Küresel İnovasyon Endeksi (GII)
İnovasyon bağlamında Türkiye’nin durumunu görebilmek
için bakılabilecek bir diğer temel gösterge Dünya Fikri Mülkiyet Örgütü
tarafından hazırlanan 2023 Küresel İnovasyon Endeksi. Bu yılki endekste 2023
yılında dünyanın en yenilikçi ülkeleri ve küresel inovasyon güç merkezleri
sıralıyor.
Bu endekste inovasyon ölçülürken, aşağıdaki tabloda
görüldüğü gibi, bir ülkenin inovatif (yenilikçi) gücünü değerlendirmek için 7
araç/ sütun ve 80 gösterge kullanılıyor (4):
İnovasyon
Sütunu |
Bazı
Örnek Göstergeler |
Bilgi
ve Teknolojik Çıktılar |
Patent
başvuruları, Yüksek teknoloji üretimi |
İnsan
Sermayesi ve Araştırma |
Milyon
nüfus başına düşen araştırmacı sayısı, Küresel kurumsal Ar-Ge yatırımcıları |
Ticari
Sofistikasyon |
Bilgi
yoğun istihdam, Üniversite-sanayi Ar-Ge işbirliği |
Pazar
Gelişmişliği |
Girişimler
için finansman, Risk sermayesi |
Yaratıcı
Çıktılar |
Marka
başvuruları, Küresel marka değeri |
Altyapı |
Çevresel
performans, Bilgi ve iletişim teknolojilerine erişim |
Kurumlar |
Düzenleyici
kalite, İş yapma politikaları |
Bu yılki endekste yer alan 132 ülke arasında en inovatif 10 ülke şöyle sıralanıyor: İsviçre (1), İsveç (2), ABD (3), Birleşik Krallık (4), Singapur (5), Finlandiya (6), Hollanda (7), Almanya (8), Danimarka (9), Güney Kore (10).

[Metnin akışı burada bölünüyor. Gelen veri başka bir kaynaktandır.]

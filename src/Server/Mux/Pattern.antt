-- ===== src/Server/Mux/Pattern.antt =====
-- The patterns of `http.ServeMux` that internal/server/server.go uses: a method and a path, whose
-- segments are literal, a wildcard or, behind a trailing slash, the rest of the path.
pub mod Laws
use mkrepo.Base.{String, Bool, Option, none, some, List, [], ◌∷◌}
use mkrepo.Base.{◌++◌, ◌==◌, if◌then◌else◌, or_else}
use mkrepo.Base.Split.{split}
use mkrepo.Base.Text.{has_prefix}

pub data Segment : Type 0 where
  literal : String → Segment
  wildcard rest : Segment

-- A pattern's text and what of its segments is still to be matched.
abbrev pub Entry : Type 0
Entry = String × List Segment

abbrev segment_of : String → Segment
segment_of word = if has_prefix word "{" then wildcard else literal word

segments_of : List String → List Segment
segments_of [] = []
segments_of (word ∷ []) = (if word == "" then rest else segment_of word) ∷ []
segments_of (word ∷ next ∷ words) = segment_of word ∷ segments_of (next ∷ words)

-- The words behind the first slash of a path.
abbrev pub behind_slash : List String → Option (List String)
behind_slash [] = none
behind_slash (first ∷ []) = none
behind_slash (first ∷ word ∷ words) = if first == "" then some (word ∷ words) else none

unfoldable pub path_words : String → Option (List String)
path_words path = behind_slash (split path "/")

path_pattern : String → Option (List String) → Option (String × List Segment)
unfolding segments_of
path_pattern method none = none
path_pattern method (some words) = some (method, segments_of words)

abbrev method_pattern : List String → Option (String × List Segment)
unfolding path_pattern path_words
method_pattern (method ∷ path ∷ []) = path_pattern method (path_words path)
method_pattern other = none

-- The method and the segments of a pattern.
unfoldable pub parse_pattern : String → Option (String × List Segment)
unfolding method_pattern
parse_pattern text = method_pattern (split text " ")

-- The patterns of a method.
entry_of : String → String → Option (String × List Segment) → List Entry
entry_of method text none = []
entry_of method text (some (its_method, segments)) =
    if its_method == method then (text, segments) ∷ [] else []

unfoldable pub of_method : String → List String → List Entry
unfolding entry_of parse_pattern
of_method method [] = []
of_method method (text ∷ texts) =
    entry_of method text (parse_pattern text) ++ of_method method texts

-- `findChild`, `emptyChild` and `multiChild`: the entries whose next segment is a literal or a
-- wildcard, behind it, and the one that takes the rest.
after_literal : String → List Entry → List Entry
after_literal word [] = []
after_literal word ((text, literal l ∷ segments) ∷ entries) =
    let others = after_literal word entries in
    if l == word then (text, segments) ∷ others else others
after_literal word (entry ∷ entries) = after_literal word entries

after_wildcard : List Entry → List Entry
after_wildcard [] = []
after_wildcard ((text, wildcard ∷ segments) ∷ entries) = (text, segments) ∷ after_wildcard entries
after_wildcard (entry ∷ entries) = after_wildcard entries

takes_rest : List Entry → Option String
takes_rest [] = none
takes_rest ((text, rest ∷ segments) ∷ entries) = some text
takes_rest (entry ∷ entries) = takes_rest entries

ends_here : List Entry → Option String
ends_here [] = none
ends_here ((text, []) ∷ entries) = some text
ends_here (entry ∷ entries) = ends_here entries

-- `matchPath`: a literal before a wildcard before the rest, at each segment.
unfoldable pub match_path : List Entry → List String → Option String
unfolding after_literal after_wildcard takes_rest ends_here
match_path entries [] = ends_here entries
match_path entries (word ∷ words) =
    let by_literal = match_path (after_literal word entries) words in
    let by_wildcard = match_path (after_wildcard entries) words in
    or_else by_literal (or_else (if word == "" then none else by_wildcard) (takes_rest entries))

-- `matchMethodAndPath`: GET is also a pattern for HEAD.
unfoldable pub match_method : List String → String → List String → Option String
unfolding match_path of_method
match_method patterns method words =
    or_else (match_path (of_method method patterns) words)
      (if method == "HEAD" then match_path (of_method "GET" patterns) words else none)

Türkiye ise 100 üzerinden 38,6 puan ile 39’ncu sırada
yer alıyor. İlk sırada yer alan İsveç’in puanı ise 100 üzerinden 67,6. İlk
10’da İsveç, Danimarka ve Finlandiya gibi kamu ekonomisinin daha ağırlıkta
olduğu sosyal demokratik ülkelerin olması inovasyonun piyasa serbestliği ile
sınırlı olmadığını gösteriyor. Kaldı ki ABD’de öncü teknolojilerin ağırlıklı
olarak devlet tarafından fonlandığı biliniyor.
“En
İyi 25 Bilim ve Teknoloji Kümesi”
Türkiye ayrıca “En İyi 25 Bilim ve Teknoloji Kümesi”
içinde de yer almıyor. Yani Türkiye’deki her hangi bir üniversite ya da diğer
araştırma kurumu böyle bir küme içinde bulunmuyor.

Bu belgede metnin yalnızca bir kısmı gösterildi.